Question

Draw the graph of the equation $x+3y=15$. Find the co-ordinates of the point where the graph intersects the $x$- axis.

Answer 1

Hint: In this question, we will use the line equation to draw the graph. First, we will consider $x=0$, and find $y$ by substituting in the line equation. Next, we will substitute $y=0$, and find $x$ by substituting in the line equation. Plot the obtained points in the graph and draw the line equation. In the end, the intersection of the line equation on the $x$- axis will give the co-ordinates.

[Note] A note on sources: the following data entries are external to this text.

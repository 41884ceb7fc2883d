-- ===== src/Handlers/Reads.antt =====
-- The statements that a handler reads a row back with change nothing.
use waterloo_star_backend.Common.{
  ℕ, ◌≡◌, refl, ◌∙◌, Bool, true, false, Option, none, some, List, [], ◌∷◌,
}
use waterloo_star_backend.Store.Table.{lookup}
use waterloo_star_backend.Store.Rows.{Db}
use waterloo_star_backend.Store.Conn.{Conn, Result, ok, err, M, ◌>>=◌, pure, query}
use waterloo_star_backend.Store.Queries.{
  found, get_user_by_id, get_user_by_id_sql, get_listing_for_owner, get_listing_for_owner_sql,
  get_request_for_owner, get_request_for_owner_sql,
}
use waterloo_star_backend.Handlers.Replies.{attempt}
use waterloo_star_backend.Handlers.AdminAccounts.{get_user_for_admin, get_user_for_admin_sql}
use waterloo_star_backend.Handlers.AdminPosts.{read_others, admin_listing, admin_request}

pub record Reads {A : Type 0} (m : M A) : Type 0 where
  pub keeps : (c : Conn) → (m c).1.db ≡ c.db

module _ {A : Type 0} where
  pub pure-Reads : (a : A) → Reads (pure a)
  unfolding pure
  pure-Reads a = record { keeps = λ c. refl }

  pub query-Reads :
      (f : ℕ → Db → Result A × Db) → ((now : ℕ) (d : Db) → (f now d).1 ≡ d) → Reads (query f)
  unfolding query
  query-Reads f h = record { keeps = λ c. go c c.faults }
    where
      go : (c : Conn) (faults : List Bool) → (query f (record c { faults = faults })).1.db ≡ c.db
      go c [] = h c.now c.db
      go c (true ∷ rest) = refl
      go c (false ∷ rest) = h c.now c.db

  pub >>=-Reads :
      {B : Type 0} (m : M A) (f : A → M B) → Reads m → ((a : A) → Reads (f a)) → Reads (m >>= f)
  unfolding ◌>>=◌
  >>=-Reads {B} m f k l = record { keeps = λ c. go (m c) ∙ k.keeps c }
    where
      go : (p : Result A × Conn) → (◌>>=◌ (λ _. p) f p.1).1.db ≡ p.1.db
      go (ok a, c') = (l a).keeps c'
      go (err e, c') = refl

  found-snd : (o : Option A) (d : Db) → (found o d).1 ≡ d
  found-snd none d = refl
  found-snd (some a) d = refl

  pub attempt-Reads : (m : M A) → Reads m → Reads (attempt m)
  unfolding attempt
  attempt-Reads m k = record { keeps = λ c. k.keeps c }

  -- After a statement, code that only reads leaves what the statement left.
  pub seq-Reads :
      {B : Type 0} (m : M A) (f : A → M B) (c : Conn)
      → ((a : A) → Reads (f a))
      → ((m >>= f) c).1.db ≡ (m c).1.db
  unfolding ◌>>=◌
  seq-Reads {B} m f c l = go (m c)
    where
      go : (p : Result A × Conn) → (◌>>=◌ (λ _. p) f p.1).1.db ≡ p.1.db
      go (ok a, c') = (l a).keeps c'
      go (err e, c') = refl

pub ruleset reads_rules = (pure-Reads, query-Reads, >>=-Reads, attempt-Reads)

pub get_user_by_id-Reads : (id : ℕ) → Reads (get_user_by_id id)
unfolding get_user_by_id get_user_by_id_sql
get_user_by_id-Reads id =
    query-Reads (get_user_by_id_sql id) (λ now d. found-snd (lookup id d.users) d)

get_listing_for_owner-Reads : (id : ℕ) → Reads (get_listing_for_owner id)
unfolding get_listing_for_owner get_listing_for_owner_sql
get_listing_for_owner-Reads id =
    query-Reads (get_listing_for_owner_sql id) (λ now d. found-snd (lookup id d.listings) d)

get_request_for_owner-Reads : (id : ℕ) → Reads (get_request_for_owner id)
unfolding get_request_for_owner get_request_for_owner_sql
get_request_for_owner-Reads id =
    query-Reads (get_request_for_owner_sql id) (λ now d. found-snd (lookup id d.requests) d)

pub read_others-Reads : Reads read_others
read_others-Reads = query-Reads (λ now d. (ok tt, d)) (λ now d. refl)

pub get_user_for_admin-Reads : (id : ℕ) → Reads (get_user_for_admin id)
unfolding get_user_for_admin get_user_for_admin_sql
get_user_for_admin-Reads id =
    query-Reads (get_user_for_admin_sql id) (λ now d. found-snd (lookup id d.users) d)

pub admin_listing-Reads : (id : ℕ) → Reads (admin_listing id)
unfolding admin_listing
admin_listing-Reads id =
    search (reads_rules, get_user_by_id-Reads, get_listing_for_owner-Reads, read_others-Reads) depth
      12

pub admin_request-Reads : (id : ℕ) → Reads (admin_request id)
unfolding admin_request
admin_request-Reads id =
    search (reads_rules, get_user_by_id-Reads, get_request_for_owner-Reads, read_others-Reads) depth
      12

Complete step-by-step answer:
Here, we have been given the equation $x+3y=15$ and we need to find the co-ordinates of the point where the line equation intersects the $x$- axis.
Let us first find the co-ordinates of the line equation $x+3y=15$.
For this, we need to consider $x=0$ and find the value of $y$, then consider $y=0$ and find the value of $x$. When you find the value of $x$, that is where the line equation drawn in the graph intersects the $x$- axis.
When, $x=0$,
Substitute $x=0$ in $x+3y=15$, we get
$0+3y=15$
Now, divide by 3 on both the sides of the equation, we get
$\begin{align}
  & \dfrac{3y}{3}=\dfrac{15}{3} \\
 & y=5
\end{align}$
Therefore, let us say A $\left( x,\,y \right)$ = A $\left( 0,\,\,5 \right)$.
When, $y=0$,
Substitute $y=0$ in $x+3y=15$, we get
$x+3\left( 0 \right)=15$
      $x+0=15$
             $x=15$
Therefore, let us consider B $\left( x,y \right)$ = B $\left( 15,\,0 \right)$.
Now, we have two points A (0, 5) and B (15, 0), we will plot the points on the graph and create the line.

You can see from the graph, the line equation $x+3y=15$, intersects the \[x\]- axis at (15, 0).
Hence, the point where the line intersects the $x$- axis is (15, 0).

Note: Here, we also find the intersection point of the line equation and the $x$- axis by substituting $y=0$ in the line equation and we will get the co-ordinates of the intersection.